Anybody know where there is good manual for the Century hearth Stove online?  It looks like a Vermont Castings stove but I can't find a comparable model


----------



## stoveguy2esw (Jan 19, 2008)

fullbore said:
			
		

> I just picked up a Summer's Heat  stove tonight at Lowes for $449.   My dad will be using it to replace a VC Vigilant.  I almost had a heart attack when the two idiots at Lowes made the stove and crate tip over on my dad's truck!  They almost wiped out the rear sliding window.   We took a quick look at the stove for damage and luckily it fell on its side.  The front glass looks to be intact.  The two Lowes idiots assured me that stove will be fine.  I'll have a better look in the morning when we unload the stove.  I'm betting a few bricks didn't survive.  It figures that Lowes had only this last stove.   I guess all in all it is still a good deal.   I can't wait to see how well it compares to my Quad 5700...

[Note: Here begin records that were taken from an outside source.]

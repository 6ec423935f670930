-- ===== src/Runtime/Dedup/Replay.antt =====
-- crates/hataori-runtime/src/dedup.rs: what a repeated request is answered.
use hataori_rs.Prelude.{
  ℕ, ◌+◌, ◌^◌, ◌<◌, ◌≡◌, refl, true, false, Bool, ◌&&◌, leb, Option, none, some, [], ok, err, eqb,
  if◌then◌else◌, arith, inl, inr, Bool-cases, Option-cases, ap, sym, ◌∙◌, subst,
}
use hataori_rs.Prelude.Assoc.{lookup, insert, lookup-insert_self}
use hataori_rs.Protocol.Ids.{ActionId, DomainId, RequestId}
use hataori_rs.Protocol.Frames.{total_len}
use hataori_rs.Runtime.Message.{RuntimeMessage, RuntimeMessageKind, request_key}
use hataori_rs.Runtime.Errors.{RuntimeError}
use hataori_rs.Runtime.Dedup.Table.{
  DedupState, DedupDisposition, DedupTable, is_expired, same_call, disposition, begin_at, begin,
  expire,
}
use hataori_rs.Runtime.Dedup.Complete.{is_kept, store_answer, complete, payload_size}
use hataori_rs.Runtime.Dedup.Invariant.{Inv, begin-Inv, complete-Inv}
use hataori_rs.Runtime.Dedup.Expiry.{lookup-expire}
use hataori_rs.Runtime.Dedup.Weighing.{payload_size-total_len}

-- The answer to a repeated call of an entry that has not expired.
begin_stored :
    (request : RequestId) (action : ActionId) (domain : DomainId) (now : ℕ) (t : DedupTable)
    (state : DedupState)
    → Inv t
    → lookup request t.entries ≡ some state
    → is_expired now state ≡ false
    → same_call state action domain ≡ true
    → (begin request action domain now t).0 ≡ ok (disposition request state)
unfolding begin begin_at
begin_stored request action domain now t state v e live same =
    let found : lookup request (expire now t).entries ≡ some state =
      lookup-expire now request t v.unique ∙ rw e (rw live refl) in
    rw found (rw same refl)

-- What the answer to a message is repeated as: itself, without a deadline, if its payload is kept;
-- a redirect lets the call wait.
unfoldable pub answered : RuntimeMessage → Bool → DedupDisposition
answered message false = DedupDisposition.unavailable (record message {
  kind = RuntimeMessageKind.duplicate_result_unavailable;
  deadline_ms = 0;
  payload = [];
})
answered message true = elim message.kind [
  | RuntimeMessageKind.moved ↦ DedupDisposition.running
  | _ ↦ DedupDisposition.replay (record message { deadline_ms = 0 })
]

stored_state : RuntimeMessage → Bool → ℕ → ℕ → DedupState
stored_state message kept n expires_at =
    if kept
    then DedupState.completed message.action message.domain (some (message.kind, message.payload)) n
        expires_at
    else DedupState.completed message.action message.domain none 0 expires_at

store_answer-stored :
    (message : RuntimeMessage) (n now : ℕ) (t : DedupTable)
    → lookup message.request (store_answer message n now t).entries
      ≡ some (stored_state message (is_kept t n) n (now + t.ttl))
unfolding store_answer stored_state
store_answer-stored message n now t = elim (Bool-cases (is_kept t n)) [
  | inl kept ↦ rw kept (lookup-insert_self message.request _ t.entries)
  | inr lost ↦ rw lost (lookup-insert_self message.request _ t.entries)
]

disposition-answered :
    (message : RuntimeMessage) (kept : Bool) (n expires_at : ℕ)
    → disposition message.request (stored_state message kept n expires_at) ≡ answered message kept
unfolding disposition answered stored_state
disposition-answered message true n expires_at = ground arith
disposition-answered message false n expires_at = refl

completed_lem :
    (message : RuntimeMessage) (now : ℕ) (t s : DedupTable)
    → complete message now t ≡ (ok tt, s)
    → (n : ℕ) × (payload_size 0 message.payload ≡ some n) × (s ≡ store_answer message n now t)
unfolding complete
completed_lem message now t s e = elim (Option-cases (payload_size 0 message.payload)) [
  | inl over ↦ absurd (ground arith)
  | inr (n, size) ↦ (n, size, ground arith)
]

stored_live :
    (message : RuntimeMessage) (kept : Bool) (n expires_at now : ℕ)
    → now < expires_at
    → (is_expired now (stored_state message kept n expires_at) ≡ false)
      × (same_call (stored_state message kept n expires_at) message.action message.domain ≡ true)
unfolding stored_state
stored_live message true n expires_at now h = (ground arith, ground arith)
stored_live message false n expires_at now h = (ground arith, ground arith)

-- With a byte limit of 64 bits, the tests of a payload are the limit on the counter.
is_kept-limit :
    (t : DedupTable) (n : ℕ)
    → t.max_bytes < 2 ^ 64
    → is_kept t n ≡ leb (t.retained_bytes + n) t.max_bytes
is_kept-limit t n fits = ground (arith, fits)

-- In a well-formed table with a byte limit of 64 bits, until an answer that was stored expires, a
-- repetition of its call gets it again, without a deadline, if the counter of retained bytes and the
-- bytes of its payload were together within the limit, and is told that it is unavailable if not; a
-- redirect that was kept is not repeated but lets the call wait.
pub begin-complete :
    (message : RuntimeMessage) (now later : ℕ) (t s : DedupTable)
    → Inv t
    → t.max_bytes < 2 ^ 64
    → complete message now t ≡ (ok tt, s)
    → later < now + t.ttl
    → (begin message.request message.action message.domain later s).0
      ≡ ok (answered message (leb (t.retained_bytes + total_len message.payload) t.max_bytes))
begin-complete message now later t s v fits done soon =
    let (n, size, same) = completed_lem message now t s done in
    let whole : n ≡ total_len message.payload =
      omega (arith, payload_size-total_len 0 message.payload size) in
    let state = stored_state message (is_kept t n) n (now + t.ttl) in
    let (live, same_one) = stored_live message (is_kept t n) n (now + t.ttl) later soon in
    begin_stored message.request message.action message.domain later s state
      (subst Inv (ap (λ x. x.1) done) (complete-Inv message now t v))
      (subst (λ x. lookup message.request x.entries ≡ some state) (sym same)
        (store_answer-stored message n now t))
      live same_one
    ∙ ap ok (disposition-answered message (is_kept t n) n (now + t.ttl))
    ∙ ap (λ k. ok (answered message k)) (is_kept-limit t n fits)
    ∙ ap (λ k. ok (answered message (leb (t.retained_bytes + k) t.max_bytes))) whole

-- A stored entry of another action or domain refuses the call.
begin_refused :
    (request : RequestId) (action : ActionId) (domain : DomainId) (now : ℕ) (t : DedupTable)
    (state : DedupState)
    → Inv t
    → lookup request t.entries ≡ some state
    → is_expired now state ≡ false
    → same_call state action domain ≡ false
    → (begin request action domain now t).0
      ≡ err (RuntimeError.protocol "duplicate request changed action or domain")
unfolding begin begin_at
begin_refused request action domain now t state v e live other =
    let found : lookup request (expire now t).entries ≡ some state =
      lookup-expire now request t v.unique ∙ rw e (rw live refl) in
    rw found (rw other refl)

begun_at :
    (request : RequestId) (action : ActionId) (domain : DomainId) (o : Option DedupState)
    (u s : DedupTable)
    → begin_at request action domain o u ≡ (ok DedupDisposition.new, s)
    → s.entries ≡ insert request (DedupState.running action domain false) u.entries
unfolding begin_at disposition
begun_at request action domain none u s e = ground arith
begun_at request action domain (some (DedupState.running a d c)) u s e = ground arith
begun_at request action domain (some (DedupState.completed a d none b x)) u s e = ground arith
begun_at request action domain (some (DedupState.completed a d (some (kind, p)) b x)) u s e =
    ground arith
begun_at request action domain (some (DedupState.cancelled a d x)) u s e = ground arith

begun :
    (request : RequestId) (action : ActionId) (domain : DomainId) (now : ℕ) (t s : DedupTable)
    → begin request action domain now t ≡ (ok DedupDisposition.new, s)
    → lookup request s.entries ≡ some (DedupState.running action domain false)
unfolding begin
begun request action domain now t s e =
    let entries = begun_at request action domain _ (expire now t) s e in
    rw entries (lookup-insert_self request _ (expire now t).entries)

-- A call that a well-formed table has just begun as new is not begun again by the next call of
-- `begin`, whatever the time: a repetition is told that it is running, and a request of its id for
-- another action or domain is refused.
pub begin_twice :
    (request : RequestId) (action again_action : ActionId) (domain again_domain : DomainId)
    (now later : ℕ) (t s : DedupTable)
    → Inv t
    → begin request action domain now t ≡ (ok DedupDisposition.new, s)
    → (begin request again_action again_domain later s).0 ≡ (
        if eqb action again_action && eqb domain again_domain
        then ok DedupDisposition.running
        else err (RuntimeError.protocol "duplicate request changed action or domain"))
unfolding disposition
begin_twice request action again_action domain again_domain now later t s v e =
    let found = begun request action domain now t s e in
    let w : Inv s = subst Inv (ap (λ x. x.1) e) (begin-Inv request action domain now t v) in
    elim (Bool-cases (eqb action again_action && eqb domain again_domain)) [
      | inl same ↦
          rw same (begin_stored request again_action again_domain later s _ w found refl same)
      | inr other ↦
          rw other (begin_refused request again_action again_domain later s _ w found refl other)
    ]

call my office if you have broken bricks , we'll take care of you   800-245-6489 is support line


----------



## Jfk4th (Jan 19, 2008)

Just found and answered my own question, Dutchwest model 300007, good manual online.   Can't wait to light her up!


----------



## crazy_dan (Jan 19, 2008)

Lowe's has lost me as a customer after Special ordering a stove adapter and double wall adjustable stove pipe. When the order that got their 3 weeks late (you pay now and then we will order it it will be in in 2 weeks) it was a section of double wall with a damper that they tried to tell me was a stove adapter and a section of single wall adjustable pipe that they tried to tell me was double wall. So I politely told them where they could stick their products and got my money back went to Sutherland's and bought all the stuff I needed at 1/2 the price of Lowe's and they had it on the shelf no 5 week long wait. Since then I have not bought anything from Lowe's.


----------



## Jfk4th (Jan 19, 2008)

Yep that would piss me off too!  I shy on ordering anything from a big store, I would stick to the smaller ones for that.  If I can see it from the store to my truck I will buy it from lowes.  Plus I very seldom ask questions to employees there, at minimum wage I am sure they don't know the answer.  I remember my days at K-Mart, just making up stuff left and right to fool the customer and try to look smart.....
I still like Lowes for the deals and HD.


----------



## MichaelS (Jan 19, 2008)

JFK said:
			
		

> MichaelS said:
> 
> 
> 
> ...



It's on the back side of the instruction sheet with the stop sign on it in the "Building A Fire" directions #6. This unit is designed to function effectively when air is allowed to circulate to all areas of the firebox. An ideal means of achieving this is to rake a slight (1"-2" wide) trough in the center of the coal bed from front to back prior to loading the fuel. Works great for me doing it this way. I loaded up at 11:00 last night and woke up at 7:30 this morning to a warm house and had no problem getting another fire going from the coals.


----------



## swestall (Jan 19, 2008)

Hey Folks, I went there to just check it out and walked out with 8 boxes of FATWOOD at $2.30 a box; look at the accessories even if you don't want a stove.


----------



## Jfk4th (Jan 19, 2008)

Good job on the fatwood , the LOWES here does not mark that down unfortunately or I would have bought out the store.  Good buy


----------



## mellow (Jan 20, 2008)

Everything in stock related to woodstoves and pellet stoves is 50% off.  I just got back from picking up the Century Hearth FW300010 model, it was the last one but had a dent on the back so I got them to give me an extra 10% off.  I also picked up the last fan they had.   $408 for the stove and fan,  I am quite happy with that.  Ran up to DE so I could get it tax free.


----------



## Jfk4th (Jan 20, 2008)

excellent buy on the stove, I paid 390 for the same stove and blower(no dent even) for my Dad's cabin.  Tis the season for Lowes.  Hell maybe I can scam them for 50% off on the fatwood here, probably won't work here. Every year they mark everything off but the fatwood it seems, no biggie


----------



## Hogwildz (Jan 20, 2008)

crazy_dan said:
			
		

> Lowe's has lost me as a customer after Special ordering a stove adapter and double wall adjustable stove pipe. When the order that got their 3 weeks late (you pay now and then we will order it it will be in in 2 weeks) it was a section of double wall with a damper that they tried to tell me was a stove adapter and a section of single wall adjustable pipe that they tried to tell me was double wall. So I politely told them where they could stick their products and got my money back went to Sutherland's and bought all the stuff I needed at 1/2 the price of Lowe's and they had it on the shelf no 5 week long wait. Since then I have not bought anything from Lowe's.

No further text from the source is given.